Frame: 09 Yeti 303 Small
Shock: 10 Fox RC4
Fork: 10 Fox 40
Headset: Crank Brothers Directset Opium C 
Brakes: Shimano Saint 203 FR/RR
Cranks: Shimano Saint
Guide: e13 LG1
Chainring: e13 36T
Pedals: Straitline SC
Chain:KMC X-9SL Superlight Chain
Shifter: Shimano Saint
Bars: Answer ProTaper DH Riser Bar 780mm
Stem: Twenty6 DM 
Seatpost: Thomson
Seat: WTB Silverado
Cassette: HG80 11-28
Wheels: Stans ZTR Flow w/DT Comp Spokes and Hope Pro 2 Hubs (running tubeless)
Tires: Maxxis Minion 2.7 FR/Maxxis High Roller 2.5 RR


----------



## nhrider44 (Feb 12, 2010)

That sounds great, let's see some pictures!


----------



## bxxer rider (Jun 7, 2008)

a friend had almost exactly the same (think only difference was the bars and stem) just before it was stolen.....

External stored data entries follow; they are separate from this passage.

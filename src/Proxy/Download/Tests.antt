-- ===== src/Proxy/Download/Tests.antt =====
-- Runs of the download handler.
use aniraku_backend.Proxy.Answer.{relayed}
use aniraku_backend.Proxy.Handler.{Library, is_web}
use aniraku_backend.Proxy.Allowlist.{
  Learned, under, ensure_dynamic_cdn_loaded, trim_lower, clean, is_nuisance_proxy_host, add_all,
  proxy_cdn_suffixes, listed, allowed, is_allowed_proxy_host, is_private_literal,
  validate_proxy_target, gate, host_gate,
}
use aniraku_backend.Proxy.Download.{
  private_answer, send_file, pass_on, download_url, fetch_file, download, Ends, download-Ends,
}
use aniraku_backend.Base.{
  if◌then◌else◌, Text, codes, text_eq, is_space, trim_left, trim_right, trim_space, lower,
  starts_with, has_suffix, split_from, split, ◌≡◌, refl, true, none, some, [],
}
use aniraku_backend.Proxy.Transport.{Outcome, responded}
use aniraku_backend.Proxy.Serve.{Url, is_blocked_port, or_else, given}

abbrev film_url : Url
film_url = record {
  scheme = codes "https";
  hostname = codes "a.kwik.cx";
  host = codes "a.kwik.cx";
  port = [];
  path = codes "/film.mp4";
  raw_query = [];
}

abbrev film : Text
film = codes "https://a.kwik.cx/film.mp4"

abbrev lib : Library
lib = record {
  lower_other = λ c. c;
  fold = λ s. s;
  parse_ip = λ s. none;
  cdn_env = [];
  cors_env = [];
  query_unescape = λ s. some s;
  parse_url = λ s. if text_eq s film then some film_url else none;
  key_query = λ s. s;
  rewrite = λ raw url headers al learned. (learned, raw);
}

abbrev source : Outcome
source = responded (record {
  status = 200;
  content_type = codes "video/mp4";
  content_range = [];
  accept_ranges = [];
  content_length = codes "3";
  body = codes "abc";
  complete = true;
})

abbrev learned : Learned
learned = record { loaded = true; dynamic = []; file = none }

download-Ends_example :
    Ends lib 5 true source film learned (download lib 5 true source [] film learned).1
download-Ends_example = download-Ends lib 5 true source [] film learned

film_comes : (download lib 5 true source [] film learned).1.body ≡ relayed (codes "abc")
unfolding download fetch_file pass_on send_file is_web is_blocked_port download_url private_answer
    host_gate gate is_nuisance_proxy_host clean trim_lower under validate_proxy_target
    is_allowed_proxy_host is_private_literal ensure_dynamic_cdn_loaded allowed listed add_all
    proxy_cdn_suffixes lower trim_left trim_right trim_space text_eq has_suffix starts_with is_space
    split split_from given or_else
film_comes = refl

hold on to it, going to be a sweet ride


----------



## yd35 (May 22, 2006)

Lovely bike! Do you have any shots of the whole bike?


----------



## stunzeed (Mar 17, 2007)

yd35 said:


> Lovely bike! Do you have any shots of the whole bike?


thx..hopefully will tonight if my wheels come back from the shop


----------



## bullcrew (Jan 2, 2005)

Congrats man that is definently a bike and build to be proud of... Nice job...


----------



## MoreThanARep (Oct 2, 2009)

Looking good!


----------



## FROGMAN524 (Sep 23, 2008)

Holy $h!t!


----------



## trailadvent (Jun 29, 2004)

Stunned 

man those atlas DM stems look great too, sick rig dude :thumbsup:


----------



## sickspeed16 (Apr 9, 2008)

Congrats, you just built my dream bike minus the bar/stem and possibly rim choice (my flow aint quite there yet to shred with those) and, in the classic american way I now hate you for having something I really really want.


----------



## MqtRider (Mar 22, 2004)

*Nice!!*

Great build, I like your attention to detail in the parts selection. Just my 2 cents...take that spacer out below the top crown, assuming the crown clears the head tube (mine won't on my 2010 boxxer/951 without a spacer). Get those bars super low!


----------



## Uncle Cliffy (Jul 7, 2006)

Looks like an amazing build. I'm wishing you good luck with that headset...


----------



## toowacky (May 24, 2005)

Nice build, Stunzeed. Top notch.


----------



## Nick_M2R (Oct 18, 2008)

Very nice looking rig
Post up full pics when shes done!


----------



## stunzeed (Mar 17, 2007)

thx guys

Uncle Cliffy - yea I heard potential issues, the bar height is pretty low already may switch over to a king for piece of mind now

So I am about done tonight, everything installed just need to figure out how to adjust a derailleur (my 1st complete build) and then im good..pics will follow shortly


----------



## 7PointMe (Oct 21, 2008)

Great looking bike and am looking forward to more pics. How tall are you? I'm curious about the sizing and your choice of the small frame.


----------



## stunzeed (Mar 17, 2007)

7PointMe said:


> Great looking bike and am looking forward to more pics. How tall are you? I'm curious about the sizing and your choice of the small frame.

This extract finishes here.